Defendants were reckless in operating, and in allowing the operation of a multi-ton, 2006 Kenworth Tanker Truck, at a speed greater than the speed limit posted on the subject roadway, and in violation of Pennsylvania law, specifically including but not limited to 75 Pa. C.S.A. § 3310(a), and while Defendant Bruce Johnson failed to maintain a proper lookout of the windshield of the Tanker Truck and at the road ahead.

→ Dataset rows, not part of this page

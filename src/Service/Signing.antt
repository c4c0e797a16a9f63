-- ===== src/Service/Signing.antt =====
-- What the service signs on a request.
use policy_templates.Prelude.{
  ℕ, ◌≡◌, sym, ap, ◌∙◌, Bytes, ◌==◌, Bool, Option, some, none, ok, ok_or, ok_inj, ensure-passed,
  >>=-eq-ok, platform_signing_disabled,
}
use policy_templates.External.{External}
use policy_templates.OwnerStore.{OwnerRecord, Storage, require_owner}
use policy_templates.OwnerStore.Table.{Db}
use policy_templates.Policy.{
  SigningKeyMaterial, SignRequest, SignedPolicyArtifact, DecodedSigningBlobs, VerifiedSigningInputs,
  GeneratedAgentPolicy,
}
use policy_templates.Policy.Inputs.{Json, decode_signing_blobs, verify_signing_inputs}
use policy_templates.Policy.Sign.{sign_verified_policy, verify_signed_artifact}
use policy_templates.Policy.Accept.{Trusted, verify_signing_inputs_iff}
use policy_templates.Policy.Checked.{Approved, sign_verified_policy_iff}
use policy_templates.Service.{Generate, sign_policy}

-- The whole chain from the request to the artifact.
pub record Issued {Value : Type 0} (x : External) (json : Json Value) (template : Bytes)
    (generate : Generate) (key : SigningKeyMaterial) (works : Storage) (db : Db) (req : SignRequest)
    (now : ℕ) (a : SignedPolicyArtifact Value) : Type 0 where
  pub blobs : DecodedSigningBlobs Value
  pub owner : OwnerRecord
  pub inputs : VerifiedSigningInputs Value
  pub generated : GeneratedAgentPolicy
  pub decoded : decode_signing_blobs x json req ≡ ok blobs
  pub owned : require_owner x works db blobs.descriptor_envelope.descriptor.org_id ≡ ok owner
  pub trusted : Trusted x blobs owner.owner_pubkey inputs
  pub policy : generate inputs.descriptor req.log_encryption ≡ ok generated
  pub approved : Approved x template req inputs generated key now a
  pub verified : verify_signed_artifact x a (x.verifying_key key.signing_key) ≡ ok tt

key-eq-ok :
    (k : Option SigningKeyMaterial) {key : SigningKeyMaterial}
    → ok_or k platform_signing_disabled ≡ ok key
    → k ≡ some key
key-eq-ok none h = cc
key-eq-ok (some k) h = ap some (ok_inj h)

-- If the service answers a request with an artifact, then it has a key, and the artifact is approved
-- for a descriptor that a deployer signed, in a keyring that the stored owner of the descriptor's
-- organisation signed; the artifact verifies under the service's key.
pub sign_policy-Issued :
    {Value : Type 0} (x : External) (json : Json Value) (template : Bytes) (generate : Generate)
    (material : Option SigningKeyMaterial) (works : Storage) (enabled : Bool) (db : Db)
    (req : SignRequest) (now : ℕ) (a : SignedPolicyArtifact Value)
    → sign_policy x json template generate material works enabled db req now ≡ ok a
    → (key : SigningKeyMaterial) × (material ≡ some key)
      × Issued x json template generate key works db req now a
unfolding sign_policy
sign_policy-Issued x json template generate material works enabled db req now a h =
    let (key, ek, h1) = >>=-eq-ok (ok_or material platform_signing_disabled) _ h in
    let (blobs, eb, h2) = >>=-eq-ok (decode_signing_blobs x json req) _ h1 in
    let (_, h3) =
      ensure-passed
        (blobs.descriptor_envelope.descriptor.org_id == blobs.keyring_envelope.keyring.org_id) _ _
        h2 in
    let (_, h4) = ensure-passed enabled _ _ h3 in
    let (owner, eo, h5) =
      >>=-eq-ok (require_owner x works db blobs.descriptor_envelope.descriptor.org_id) _ h4 in
    let (inputs, ei, h6) = >>=-eq-ok (verify_signing_inputs x blobs owner.owner_pubkey) _ h5 in
    let (generated, eg, h7) = >>=-eq-ok (generate inputs.descriptor req.log_encryption) _ h6 in
    let (b, es, h8) =
      >>=-eq-ok (sign_verified_policy x template req inputs generated key now) _ h7 in
    let (_, ev, h9) =
      >>=-eq-ok (verify_signed_artifact x b (x.verifying_key key.signing_key)) _ h8 in
    let same : b ≡ a = ok_inj h9 in
    (
      key,
      key-eq-ok material ek,
      record {
        blobs = blobs;
        owner = owner;
        inputs = inputs;
        generated = generated;
        decoded = eb;
        owned = eo;
        trusted = (verify_signing_inputs_iff x blobs owner.owner_pubkey inputs).0 ei;
        policy = eg;
        approved =
            (sign_verified_policy_iff x template req inputs generated key now a).0
              (es ∙ ap ok same);
        verified =
            ap (λ c. verify_signed_artifact x c (x.verifying_key key.signing_key)) (sym same) ∙ ev;
      },
    )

(Compl. ¶ 35.) Thus, Plaintiff alleges that Johnson knowingly exceeded the posted speed limits, knew of traffic conditions, but failed to accommodate his driving, and acted with indifference toward the extra risks posed by driving a multi-ton tanker.

 

At this early stage, the Court finds that such allegations are sufficiently pled to survive this Motion to Dismiss. See generally Felkner v. Werner Enterprises, Inc., 2014 WL 1013474, at *5 (E.D. Pa. 2014) (“[C]ourts have allowed punitive damages claims to proceed when there exists evidence that truck drivers were driving too fast to stop their vehicles.”); Achey v. Crete Carrier Corp., 2009 WL 9083282, at *9 (E.D. Pa. 2009) (holding that a truck driver could be found liable for punitive damages for appreciating, and consciously ignoring, the risk of driving while in a state of fatigue); Sabo v. Suarez, 2009 WL 2365969, at *3-4 (M.D. Pa. 2009) (same, driving through a red light during densely foggy, wet conditions); Burke v. TransAm Trucking, Inc., 605 F.Supp.2d 647, 655 (M.D. Pa. 2009) (same, speeding around a curve); Grosek v. Panther Transp., Inc., 2009 WL 427238, at *3 (M.D. Pa. 2009) (same, driving through a red light); Arias v. Decker Transp., 2008 WL 450435, at *4 (M.D. Pa. 2008) (same, speeding, following vehicles too closely and failing to see others’ vehicles); Paone v. Lipuma, 2006 WL 5186524, at *3 (M.D. Pa. 2006) (same, following too closely and speeding). As pled, the Court finds that a jury could find that Johnson consciously appreciated and ignored the risks associated with his driving of a Tanker Truck. Thus, Plaintiff’s Count I claim for punitive damages persists.

 

*4 In Count II, Plaintiff alleges that All Chemical is liable for the incident under a theory of respondeat superior. (Compl. ¶¶ 26-32.) “Punitive damages may be awarded on the basis of vicarious liability.” Shiner v. Moriarty, 706 A.2d 1228, 1240 (Pa. Super. 1998); see also Burke, 605 F.Supp.2d at 657; Arias, 2008 WL 450435, at *4. Pennsylvania law does not require “an agent to commit a tortious act at the direction of the principal, nor must the principal ratify the act, in order for punitive damages to be imposed on him.” Shiner, 706 A.2d at 1240. Thus, given that the Court finds that Plaintiff’s claim for punitive damages against Johnson is well pled, and the fact that Defendant does not move to dismiss Plaintiff’s allegations regarding vicarious liability, the Court finds that Plaintiff’s claim for punitive damages under Count II survives this Motion.

 

 

  1. Conclusion

Defendant’s Motion is granted in part and denied in part. Plaintiff’s Count III is dismissed with prejudice. Plaintiff’s claims for punitive damages under Count I and Count II survive Plaintiff’s Motion to Dismiss.